• Excerpted records:

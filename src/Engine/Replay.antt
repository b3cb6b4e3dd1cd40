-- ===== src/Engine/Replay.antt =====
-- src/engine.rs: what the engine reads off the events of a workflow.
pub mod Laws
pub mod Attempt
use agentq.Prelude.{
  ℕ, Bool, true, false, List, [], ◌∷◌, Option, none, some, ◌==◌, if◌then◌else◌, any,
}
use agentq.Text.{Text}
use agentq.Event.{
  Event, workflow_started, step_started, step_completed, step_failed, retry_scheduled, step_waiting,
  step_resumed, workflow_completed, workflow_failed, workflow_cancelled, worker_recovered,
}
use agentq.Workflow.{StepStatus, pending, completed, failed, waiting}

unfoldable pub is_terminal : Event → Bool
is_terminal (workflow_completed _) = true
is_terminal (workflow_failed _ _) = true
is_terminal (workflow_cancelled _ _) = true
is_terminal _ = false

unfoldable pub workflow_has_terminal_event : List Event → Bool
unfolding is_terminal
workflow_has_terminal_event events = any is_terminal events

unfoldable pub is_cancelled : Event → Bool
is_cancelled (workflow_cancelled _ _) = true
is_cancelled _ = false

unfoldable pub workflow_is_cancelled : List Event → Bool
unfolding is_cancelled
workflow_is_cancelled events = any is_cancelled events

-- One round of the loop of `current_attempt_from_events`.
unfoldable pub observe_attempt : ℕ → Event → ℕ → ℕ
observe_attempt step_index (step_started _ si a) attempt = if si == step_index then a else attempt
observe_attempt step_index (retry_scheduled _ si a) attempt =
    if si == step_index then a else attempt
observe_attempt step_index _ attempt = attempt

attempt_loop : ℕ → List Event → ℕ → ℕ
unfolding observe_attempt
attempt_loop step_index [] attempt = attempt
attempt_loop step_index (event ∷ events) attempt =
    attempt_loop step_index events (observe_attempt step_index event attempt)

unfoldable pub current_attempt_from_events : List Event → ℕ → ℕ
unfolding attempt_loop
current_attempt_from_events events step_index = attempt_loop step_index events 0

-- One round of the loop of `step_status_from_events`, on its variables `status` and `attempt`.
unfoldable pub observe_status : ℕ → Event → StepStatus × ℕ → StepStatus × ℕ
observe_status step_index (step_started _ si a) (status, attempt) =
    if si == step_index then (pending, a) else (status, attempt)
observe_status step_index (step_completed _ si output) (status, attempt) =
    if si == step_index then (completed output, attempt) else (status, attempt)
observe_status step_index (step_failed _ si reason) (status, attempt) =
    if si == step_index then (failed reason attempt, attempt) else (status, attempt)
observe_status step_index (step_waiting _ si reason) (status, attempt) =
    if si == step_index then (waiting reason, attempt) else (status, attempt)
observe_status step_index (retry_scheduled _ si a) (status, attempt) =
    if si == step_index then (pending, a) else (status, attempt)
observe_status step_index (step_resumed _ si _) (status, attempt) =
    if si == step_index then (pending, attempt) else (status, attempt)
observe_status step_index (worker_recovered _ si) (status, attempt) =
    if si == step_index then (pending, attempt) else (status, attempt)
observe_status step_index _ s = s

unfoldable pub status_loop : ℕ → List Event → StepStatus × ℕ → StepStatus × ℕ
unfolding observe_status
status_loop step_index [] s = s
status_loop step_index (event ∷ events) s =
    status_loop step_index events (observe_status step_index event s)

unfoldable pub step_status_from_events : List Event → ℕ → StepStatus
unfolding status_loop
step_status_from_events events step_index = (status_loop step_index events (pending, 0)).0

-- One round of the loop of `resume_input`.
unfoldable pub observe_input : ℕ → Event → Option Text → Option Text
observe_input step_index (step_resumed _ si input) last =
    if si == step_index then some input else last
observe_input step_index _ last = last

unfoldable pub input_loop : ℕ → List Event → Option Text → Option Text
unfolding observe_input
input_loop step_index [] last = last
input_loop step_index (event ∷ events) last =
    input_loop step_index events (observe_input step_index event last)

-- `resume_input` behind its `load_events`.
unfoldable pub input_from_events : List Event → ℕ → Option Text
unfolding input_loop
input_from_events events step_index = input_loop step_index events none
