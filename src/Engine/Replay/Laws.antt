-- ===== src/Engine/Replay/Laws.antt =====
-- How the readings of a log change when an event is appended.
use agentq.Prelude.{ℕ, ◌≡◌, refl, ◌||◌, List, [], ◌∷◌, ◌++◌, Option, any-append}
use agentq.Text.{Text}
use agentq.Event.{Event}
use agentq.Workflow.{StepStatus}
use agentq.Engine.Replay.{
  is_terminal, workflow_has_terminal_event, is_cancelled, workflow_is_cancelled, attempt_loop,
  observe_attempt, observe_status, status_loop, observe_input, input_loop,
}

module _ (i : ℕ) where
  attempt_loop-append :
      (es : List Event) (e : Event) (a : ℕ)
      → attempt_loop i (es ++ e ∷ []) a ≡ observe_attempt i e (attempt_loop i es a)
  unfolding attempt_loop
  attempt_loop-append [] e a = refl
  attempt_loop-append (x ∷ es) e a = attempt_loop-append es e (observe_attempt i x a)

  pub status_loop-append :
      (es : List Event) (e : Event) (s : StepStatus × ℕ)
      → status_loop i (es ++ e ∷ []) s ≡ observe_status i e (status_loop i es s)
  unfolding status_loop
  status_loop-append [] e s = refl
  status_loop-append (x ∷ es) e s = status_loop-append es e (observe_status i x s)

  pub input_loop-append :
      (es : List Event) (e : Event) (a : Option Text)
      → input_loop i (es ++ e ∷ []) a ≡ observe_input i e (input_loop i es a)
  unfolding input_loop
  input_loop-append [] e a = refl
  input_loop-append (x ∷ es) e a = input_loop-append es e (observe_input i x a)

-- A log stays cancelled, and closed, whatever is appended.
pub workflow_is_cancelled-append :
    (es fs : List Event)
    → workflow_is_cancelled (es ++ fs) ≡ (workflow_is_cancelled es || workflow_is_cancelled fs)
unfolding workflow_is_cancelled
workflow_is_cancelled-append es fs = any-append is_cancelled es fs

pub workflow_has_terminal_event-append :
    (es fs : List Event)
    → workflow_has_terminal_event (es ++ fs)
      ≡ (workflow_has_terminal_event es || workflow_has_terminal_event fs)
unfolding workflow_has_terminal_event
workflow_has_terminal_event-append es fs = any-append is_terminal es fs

• Work required: Copy the listing exactly as it stands.

• Expected answer:
filename src/Engine/Replay.antt
repository b3cb6b4e3dd1cd40
-- ===== src/Engine/Replay.antt =====
-- src/engine.rs: what the engine reads off the events of a workflow.
pub mod Laws
pub mod Attempt
use agentq.Prelude.{
  ℕ, Bool, true, false, List, [], ◌∷◌, Option, none, some, ◌==◌, if◌then◌else◌, any,
}
use agentq.Text.{Text}
use agentq.Event.{
  Event, workflow_started, step_started, step_completed, step_failed, retry_scheduled, step_waiting,
  step_resumed, workflow_completed, workflow_failed, workflow_cancelled, worker_recovered,
}
use agentq.Workflow.{StepStatus, pending, completed, failed, waiting}

unfoldable pub is_terminal : Event → Bool
is_terminal (workflow_completed _) = true
is_terminal (workflow_failed _ _) = true
is_terminal (workflow_cancelled _ _) = true
is_terminal _ = false

unfoldable pub workflow_has_terminal_event : List Event → Bool
unfolding is_terminal
workflow_has_terminal_event events = any is_terminal events

unfoldable pub is_cancelled : Event → Bool
is_cancelled (workflow_cancelled _ _) = true
is_cancelled _ = false

unfoldable pub workflow_is_cancelled : List Event → Bool
unfolding is_cancelled
workflow_is_cancelled events = any is_cancelled events

-- One round of the loop of `current_attempt_from_events`.
unfoldable pub observe_attempt : ℕ → Event → ℕ → ℕ
observe_attempt step_index (step_started _ si a) attempt = if si == step_index then a else attempt
observe_attempt step_index (retry_scheduled _ si a) attempt =
    if si == step_index then a else attempt
observe_attempt step_index _ attempt = attempt

attempt_loop : ℕ → List Event → ℕ → ℕ
unfolding observe_attempt
attempt_loop step_index [] attempt = attempt
attempt_loop step_index (event ∷ events) attempt =
    attempt_loop step_index events (observe_attempt step_index event attempt)

unfoldable pub current_attempt_from_events : List Event → ℕ → ℕ
unfolding attempt_loop
current_attempt_from_events events step_index = attempt_loop step_index events 0

-- One round of the loop of `step_status_from_events`, on its variables `status` and `attempt`.
unfoldable pub observe_status : ℕ → Event → StepStatus × ℕ → StepStatus × ℕ
observe_status step_index (step_started _ si a) (status, attempt) =
    if si == step_index then (pending, a) else (status, attempt)
observe_status step_index (step_completed _ si output) (status, attempt) =
    if si == step_index then (completed output, attempt) else (status, attempt)
observe_status step_index (step_failed _ si reason) (status, attempt) =
    if si == step_index then (failed reason attempt, attempt) else (status, attempt)
observe_status step_index (step_waiting _ si reason) (status, attempt) =
    if si == step_index then (waiting reason, attempt) else (status, attempt)
observe_status step_index (retry_scheduled _ si a) (status, attempt) =
    if si == step_index then (pending, a) else (status, attempt)
observe_status step_index (step_resumed _ si _) (status, attempt) =
    if si == step_index then (pending, attempt) else (status, attempt)
observe_status step_index (worker_recovered _ si) (status, attempt) =
    if si == step_index then (pending, attempt) else (status, attempt)
observe_status step_index _ s = s

unfoldable pub status_loop : ℕ → List Event → StepStatus × ℕ → StepStatus × ℕ
unfolding observe_status
status_loop step_index [] s = s
status_loop step_index (event ∷ events) s =
    status_loop step_index events (observe_status step_index event s)

unfoldable pub step_status_from_events : List Event → ℕ → StepStatus
unfolding status_loop
step_status_from_events events step_index = (status_loop step_index events (pending, 0)).0

-- One round of the loop of `resume_input`.
unfoldable pub observe_input : ℕ → Event → Option Text → Option Text
observe_input step_index (step_resumed _ si input) last =
    if si == step_index then some input else last
observe_input step_index _ last = last

unfoldable pub input_loop : ℕ → List Event → Option Text → Option Text
unfolding observe_input
input_loop step_index [] last = last
input_loop step_index (event ∷ events) last =
    input_loop step_index events (observe_input step_index event last)

-- `resume_input` behind its `load_events`.
unfoldable pub input_from_events : List Event → ℕ → Option Text
unfolding input_loop
input_from_events events step_index = input_loop step_index events none
filename src/Engine/Replay/Laws.antt
-- ===== src/Engine/Replay/Laws.antt =====
-- How the readings of a log change when an event is appended.
use agentq.Prelude.{ℕ, ◌≡◌, refl, ◌||◌, List, [], ◌∷◌, ◌++◌, Option, any-append}
use agentq.Text.{Text}
use agentq.Event.{Event}
use agentq.Workflow.{StepStatus}
use agentq.Engine.Replay.{
  is_terminal, workflow_has_terminal_event, is_cancelled, workflow_is_cancelled, attempt_loop,
  observe_attempt, observe_status, status_loop, observe_input, input_loop,
}

module _ (i : ℕ) where
  attempt_loop-append :
      (es : List Event) (e : Event) (a : ℕ)
      → attempt_loop i (es ++ e ∷ []) a ≡ observe_attempt i e (attempt_loop i es a)
  unfolding attempt_loop
  attempt_loop-append [] e a = refl
  attempt_loop-append (x ∷ es) e a = attempt_loop-append es e (observe_attempt i x a)

  pub status_loop-append :
      (es : List Event) (e : Event) (s : StepStatus × ℕ)
      → status_loop i (es ++ e ∷ []) s ≡ observe_status i e (status_loop i es s)
  unfolding status_loop
  status_loop-append [] e s = refl
  status_loop-append (x ∷ es) e s = status_loop-append es e (observe_status i x s)

  pub input_loop-append :
      (es : List Event) (e : Event) (a : Option Text)
      → input_loop i (es ++ e ∷ []) a ≡ observe_input i e (input_loop i es a)
  unfolding input_loop
  input_loop-append [] e a = refl
  input_loop-append (x ∷ es) e a = input_loop-append es e (observe_input i x a)

-- A log stays cancelled, and closed, whatever is appended.
pub workflow_is_cancelled-append :
    (es fs : List Event)
    → workflow_is_cancelled (es ++ fs) ≡ (workflow_is_cancelled es || workflow_is_cancelled fs)
unfolding workflow_is_cancelled
workflow_is_cancelled-append es fs = any-append is_cancelled es fs

pub workflow_has_terminal_event-append :
    (es fs : List Event)
    → workflow_has_terminal_event (es ++ fs)
      ≡ (workflow_has_terminal_event es || workflow_has_terminal_event fs)
unfolding workflow_has_terminal_event
workflow_has_terminal_event-append es fs = any-append is_terminal es fs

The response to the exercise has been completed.